One of the possible implied causes was that a great deal of complacency had crept into all the units involved, there seemed to be an “end-Ex” mentality after the cessation of hostilities with Iraqi main forces. Even when there had been a riot 2 days earlier in the same town over the perception the soldiers were there to disarm them,  the “Toms” had been caught literally with their pants down doing “Tan Ops (sun tanning on top of a building instead of patrolling),  there didn't seem to be that much change in the units posture. The units remained unaware of the escalation in the threat, and although some soldiers after the fact said they suspected something was up, not much changed other than a badly communicated message to the locals, that although they would not stop patrolling they were not going to try to disarm them; the book indicates this is what probably caused the mob to be easily incited by local leaders (with various agendas) to attack and keep some degree of respect and autonomy. 

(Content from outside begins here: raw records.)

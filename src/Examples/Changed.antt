-- ===== src/Examples/Changed.antt =====
-- The changelog of the in-memory datastore read page by page.
use kengen.Base.{
  ℕ, Text, text, text_eq, ◌≡◌, ◌+◌, refl, Bool, Option, none, some, List, [], ◌∷◌, map, arith,
  subst, sym, length, ◌<◌,
}
use kengen.Tuple.Key.{TupleKey}
use kengen.Storage.Record.{TupleChangeRec, operation_write}
use kengen.Storage.Memory.Write.{TupleBackend}
use kengen.Storage.Memory.Changes.{ReadChangesFilter, of_type, too_new}
use kengen.Storage.Memory.Changes.Later.{Ascending, visible}
use kengen.Storage.Memory.Changes.Followed.{page_from, follow_changes, read_changes-follow}

abbrev doc_viewer : TupleKey ℕ
doc_viewer = record {
  object = text "doc:1";
  relation = text "viewer";
  user = text "user:anne";
  condition = none;
}

abbrev change_at : ℕ → TupleKey ℕ → TupleChangeRec ℕ
change_at n tk = record {
  change = record { tuple_key = tk; operation = operation_write; timestamp = n };
  ulid = n;
}

abbrev logged : TupleBackend ℕ
logged = record {
  tuples = λ s. [];
  changes = λ s.
      change_at 1 doc_viewer
      ∷ change_at 2 (record doc_viewer { object = text "folder:1" })
      ∷ change_at 3 doc_viewer
      ∷ change_at 9 doc_viewer
      ∷ [];
}

-- A ULID as one letter.
abbrev one_letter : ℕ → Text
one_letter u = u ∷ []

abbrev read_letter : Text → Option ℕ
read_letter [] = none
read_letter (u ∷ []) = some u
read_letter (u ∷ v ∷ rest) = none

abbrev doc_changes : ReadChangesFilter
doc_changes = record { object_type = text "doc"; horizon_offset = 2 }

two_seen :
    visible doc_changes 8 (logged.changes (text "s"))
    ≡ change_at 1 doc_viewer ∷ change_at 3 doc_viewer ∷ []
unfolding of_type too_new text_eq kengen.Base.has_prefix
two_seen = refl

letters-Ascending : Ascending (logged.changes (text "s"))
letters-Ascending = (
  (omega arith, (omega arith, (omega arith, tt))),
  ((omega arith, (omega arith, tt)), ((omega arith, tt), (tt, tt))),
)

read_changes-follow_example :
    follow_changes (page_from read_letter one_letter 8 logged (text "s") doc_changes 1) 5 []
    ≡ some (map (λ c. c.change) (visible doc_changes 8 (logged.changes (text "s"))))
read_changes-follow_example =
    read_changes-follow read_letter one_letter 8 logged (text "s") doc_changes 1 (λ u. refl) refl 5
      letters-Ascending (subst (λ z. length z < 5) (sym two_seen) (omega arith))
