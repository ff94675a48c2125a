-- ===== src/Examples/Checks.antt =====
-- The reducers of internal/graph on a few outcomes.
use mathlib.Core.List.{Permᴰ}
use kengen.Base.{ℕ, ◌≡◌, refl, true, false, some, List, [], ◌∷◌, any, ◌||◌, All, arith}
use kengen.Check.Response.{handler_error, CheckOutcome, responded, failed}
use kengen.Check.Reduce.{Selected, arrived, closed, plain_response, union, intersection}
use kengen.Check.Exclude.{exclusion}
use kengen.Check.Verdict.{
  granted, refused, broken, choose, verdict, is_failed, is_allowed, is_refusal, union-verdict,
  intersection-verdict,
}
use kengen.Check.Orders.{
  union-Perm, intersection-Perm, exclusion-verdict, exclusion_orders, base_refuses, sub_cuts,
}

abbrev yes : CheckOutcome ℕ
yes = responded (plain_response true)

abbrev fault : CheckOutcome ℕ
fault = failed (handler_error 3)

abbrev two_events : List (Selected ℕ)
two_events = arrived fault ∷ arrived yes ∷ []

abbrev two_swapped : List (Selected ℕ)
two_swapped = arrived yes ∷ arrived fault ∷ []

-- Both outcomes were dropped.
abbrev dropped : List (Selected ℕ)
dropped = closed ∷ closed ∷ []

union-verdict_example :
    verdict (union false 2 two_events)
    ≡ some (choose (any is_allowed two_events) (any is_failed two_events) granted broken refused)
union-verdict_example = union-verdict two_events refl

intersection-verdict_example :
    verdict (intersection false 2 dropped)
    ≡ some (choose (any is_refusal dropped) (any is_failed dropped) refused broken granted)
intersection-verdict_example = intersection-verdict dropped (omega arith) refl

swapped : Permᴰ two_events two_swapped
swapped = Permᴰ.swap refl refl

union_swapped : verdict (union false 2 two_events) ≡ verdict (union false 2 two_swapped)
union_swapped = union-Perm {es = two_events} {es' = two_swapped} swapped refl

intersection_swapped :
    verdict (intersection false 2 two_events) ≡ verdict (intersection false 2 two_swapped)
intersection_swapped =
    intersection-Perm {es = two_events} {es' = two_swapped} swapped (omega arith) refl

exclusion-verdict_example :
    All
      (λ es.
        verdict (exclusion false 2 es)
        ≡ some (
            choose
              (base_refuses yes || sub_cuts fault)
              (is_failed (arrived yes) || is_failed (arrived fault))
              refused
              broken
              granted))
      (exclusion_orders yes fault)
exclusion-verdict_example = exclusion-verdict yes fault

There was also the leadership of the 1 Para CO, L Col Beckett, who ultimately bears the responsibility for the units that were under his command, and who's “softly, softly” approach (similar to his manner) to minimize disturbing the locals jarred badly with the temperament of his Para’s, but also helped foster the complacency. One of the results is the minimal amount of ammunition that was available to the soldiers, there is sense in the Command levels that they had enough to do this type of low-key peace keeping, yet the Para’s patrol nearly ran out of ammunition trying to fight their way out and even the QRF had to scramble to get enough; hence the title of the book. He also did nothing to improve the communications situation in their AO, such as using RRB’s instead relying on controlled use of satellite phones which themselves were unreliable in the complex terrain of the towns and villages.  

Making things worse was the OC of the RMP Company, Major Parry-Jones, who epitomized this complacency by describing the situation as Rosie, just before he rotated back to the UK, well before his unit did and left a young inexperienced Lt in charge. Parry-jones perhaps was most critical of all since he did not keep Beckett informed about the lack of cooperation between the RMP’s and the Para’s, even though they were operating in the same area; he gives a good indication of just how “out of ‘er” he was when he states that the Para’s operated as a cordon while the RMPs conducted liaison with the local police, when in reality they weren't even aware of each others presence, nor did they make much effort to find out.

Finally I would say it was the inability to rise above the units disrespect for each other, and realize they needed to cooperate to be effective, that also contributed to the 6 deaths. The RMP’s certainly could’ve been more proactive in letting the Para’s know what they were doing and when, and the Para’s Op staff should’ve worked out better coordination with the RMP’s in acting as a cordon for them.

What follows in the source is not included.